You can do one of a couple of things.
First, you could copy the files in to the directory using one type of name (like newfile.copying), and then rename them to just "newfile" after the copy is complete. Then during you scans, you simply ignore the "*.copying" files.
You could monitor the file sizes of the files as they load, and if the file size has not changed after some time (few seconds), then you can assume the file is done copying and start processing.
Finally, you should simply have a "done" directory (on the same drive), and rename the files to that directory when you're done with them.
Another option is that you could have three directories: "incoming", "working", "done".
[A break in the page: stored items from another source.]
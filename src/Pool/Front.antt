-- ===== src/Pool/Front.antt =====
-- The head of the queue between front() and pop_front() of a worker.
use mathlib.Core.Path.{subst}
use cand_cppwith_linux.Base.{
  ℕ, ◌<◌, ◌≡◌, sym, ap, ◌∙◌, true, false, Bool-cases, inl, inr, List, [], ◌∷◌, ◌++◌, ◌==◌, ==_iff,
}
use cand_cppwith_linux.Pool.{
  Work, Worker, locking, testing, fronted, waiting, woken, holding, running, ThreadPool, Event,
  WorkerStep, lock, wait, spurious, relock, front, pop_front, unlock, run, QueueStep, call, enter,
  push, signal, signal_none, leave, Step, of_worker, of_queue, Steps, start, after, new_pool,
  set_worker,
}
use cand_cppwith_linux.Pool.Lock.{
  IsLocked, is_inside, is_owner, owner_is, set-same, set-other, new-IsLocked, Step-IsLocked,
}

-- the job of a worker behind front() is the head of the queue
abbrev pub AtHead : Worker → List Work → Type 0
AtHead (fronted w) q = (rest : List Work) × (q ≡ w ∷ rest)
AtHead _ q = Unit {0}

pub record IsFront (tp : ThreadPool) : Type 0 where
  pub locked : IsLocked tp
  pub heads : (i : ℕ) → i < tp.threads → AtHead (tp.workers i) (tp.queue)

outside-AtHead : (w : Worker) (q : List Work) → is_inside w ≡ false → AtHead w q
outside-AtHead locking q e = tt
outside-AtHead testing q e = tt
outside-AtHead (fronted w) q e = absurd (cc)
outside-AtHead waiting q e = tt
outside-AtHead woken q e = tt
outside-AtHead (holding w) q e = tt
outside-AtHead (running w) q e = tt

pushed-AtHead : (w : Worker) (q last : List Work) → AtHead w q → AtHead w (q ++ last)
pushed-AtHead (fronted w) q last (rest, e) = (rest ++ last, ap (λ l. l ++ last) e)
pushed-AtHead locking q last e = tt
pushed-AtHead testing q last e = tt
pushed-AtHead waiting q last e = tt
pushed-AtHead woken q last e = tt
pushed-AtHead (holding w) q last e = tt
pushed-AtHead (running w) q last e = tt

module _ (tp : ThreadPool) (v : IsFront tp) (i : ℕ) (h : i < tp.threads) where
  -- a thread comes to the state `w`, and the queue is `q`
  move-AtHead :
      (w : Worker) (q : List Work)
      → AtHead w q
      → ((j : ℕ) → j < tp.threads → (j == i) ≡ false → AtHead (tp.workers j) q)
      → (j : ℕ) → j < tp.threads
      → AtHead (set_worker tp.workers i w j) q
  move-AtHead w q own others j k = elim (Bool-cases (j == i)) [
    | inl e ↦
        subst (λ a. AtHead (set_worker tp.workers i w a) q) (sym ((==_iff j i).0 e))
          (subst (λ x. AtHead x q) (sym (set-same tp.workers i w)) own)
    | inr e ↦ subst (λ x. AtHead x q) (sym (set-other tp.workers i j w e)) (others j k e)
  ]

  stay-AtHead :
      (w : Worker)
      → AtHead w (tp.queue)
      → (j : ℕ) → j < tp.threads
      → AtHead (set_worker tp.workers i w j) (tp.queue)
  stay-AtHead w own = move-AtHead w (tp.queue) own λ j k e. v.heads j k

  -- while a worker has the mutex, no other is behind front()
  alone-AtHead :
      is_inside (tp.workers i) ≡ true
      → (q : List Work) (j : ℕ) → j < tp.threads
      → (j == i) ≡ false
      → AtHead (tp.workers j) q
  alone-AtHead inside q j k e =
      let own = owner_is i (tp.mu) (sym (v.locked.workers i h) ∙ inside) in
      outside-AtHead (tp.workers j) q (v.locked.workers j k ∙ (ap (is_owner j) own ∙ e))

  worker-AtHead :
      {e : Event} {tp' : ThreadPool}
      → WorkerStep tp i e tp'
      → (j : ℕ) → j < tp'.threads
      → AtHead (tp'.workers j) (tp'.queue)
  worker-AtHead (lock a b) = stay-AtHead testing tt
  worker-AtHead (wait a b) = stay-AtHead waiting tt
  worker-AtHead (spurious a) = stay-AtHead woken tt
  worker-AtHead (relock a b) = stay-AtHead testing tt
  worker-AtHead (front w rest a b) = stay-AtHead (fronted w) (rest, b)
  worker-AtHead (pop_front w head rest a b) =
      move-AtHead (holding w) rest tt (alone-AtHead (ap is_inside a) rest)
  worker-AtHead (unlock w a) = stay-AtHead (running w) tt
  worker-AtHead (run w a) = stay-AtHead locking tt

  -- pop_front() removes the job that front() gave
  pub front-head :
      (w head : Work) (rest : List Work)
      → tp.workers i ≡ fronted w
      → tp.queue ≡ head ∷ rest
      → head ≡ w
  front-head w head rest a b =
      let (tail, c) = subst (λ x. AtHead x (tp.queue)) a (v.heads i h) in
      ap (λ (l : List Work). elim l [ [] ↦ w | x ∷ xs ↦ x ]) (sym b ∙ c)

caller-AtHead :
    (tp : ThreadPool) {e : Event} {tp' : ThreadPool}
    → IsFront tp
    → QueueStep tp e tp'
    → (j : ℕ) → j < tp'.threads
    → AtHead (tp'.workers j) (tp'.queue)
caller-AtHead tp v (call w a) = v.heads
caller-AtHead tp v (enter w a b) = v.heads
caller-AtHead tp v (push w a) =
    λ j k. pushed-AtHead (tp.workers j) (tp.queue) (w ∷ []) (v.heads j k)
caller-AtHead tp v (signal i a b c) = stay-AtHead tp v i b woken tt
caller-AtHead tp v (signal_none a b) = v.heads
caller-AtHead tp v (leave a) = v.heads

Step-AtHead :
    (tp : ThreadPool) {e : Event} {tp' : ThreadPool}
    → IsFront tp
    → Step tp e tp'
    → (j : ℕ) → j < tp'.threads
    → AtHead (tp'.workers j) (tp'.queue)
Step-AtHead tp v (of_worker i h s) = worker-AtHead tp v i h s
Step-AtHead tp v (of_queue s) = caller-AtHead tp v s

pub new-IsFront : (n : ℕ) → IsFront (new_pool n)
new-IsFront n = record { locked = new-IsLocked n; heads = λ i h. tt }

pub steps-IsFront :
    (tp : ThreadPool) {es : List Event} {tp' : ThreadPool}
    → IsFront tp
    → Steps tp es tp'
    → IsFront tp'
steps-IsFront tp v start = v
steps-IsFront tp v (after {tp' = tp'} e before s) =
    let u = steps-IsFront tp v before in
    record { locked = Step-IsLocked tp' u.locked s; heads = Step-AtHead tp' u s }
The files are copied in to the "incoming" directory. Before you start processing them, you rename them to the "working" directory. Finally you then move it out of there in to the "done" directory.
This gives you the ability to recover in case the system gets interrupted. You will "know" what the last file you were processing is, and you can either reprocess it, or whatever you like.
The rename options are important because, on the same file system, they are atomic. You'll never have a file in one directory and not the other, or of one name and the other at the same time.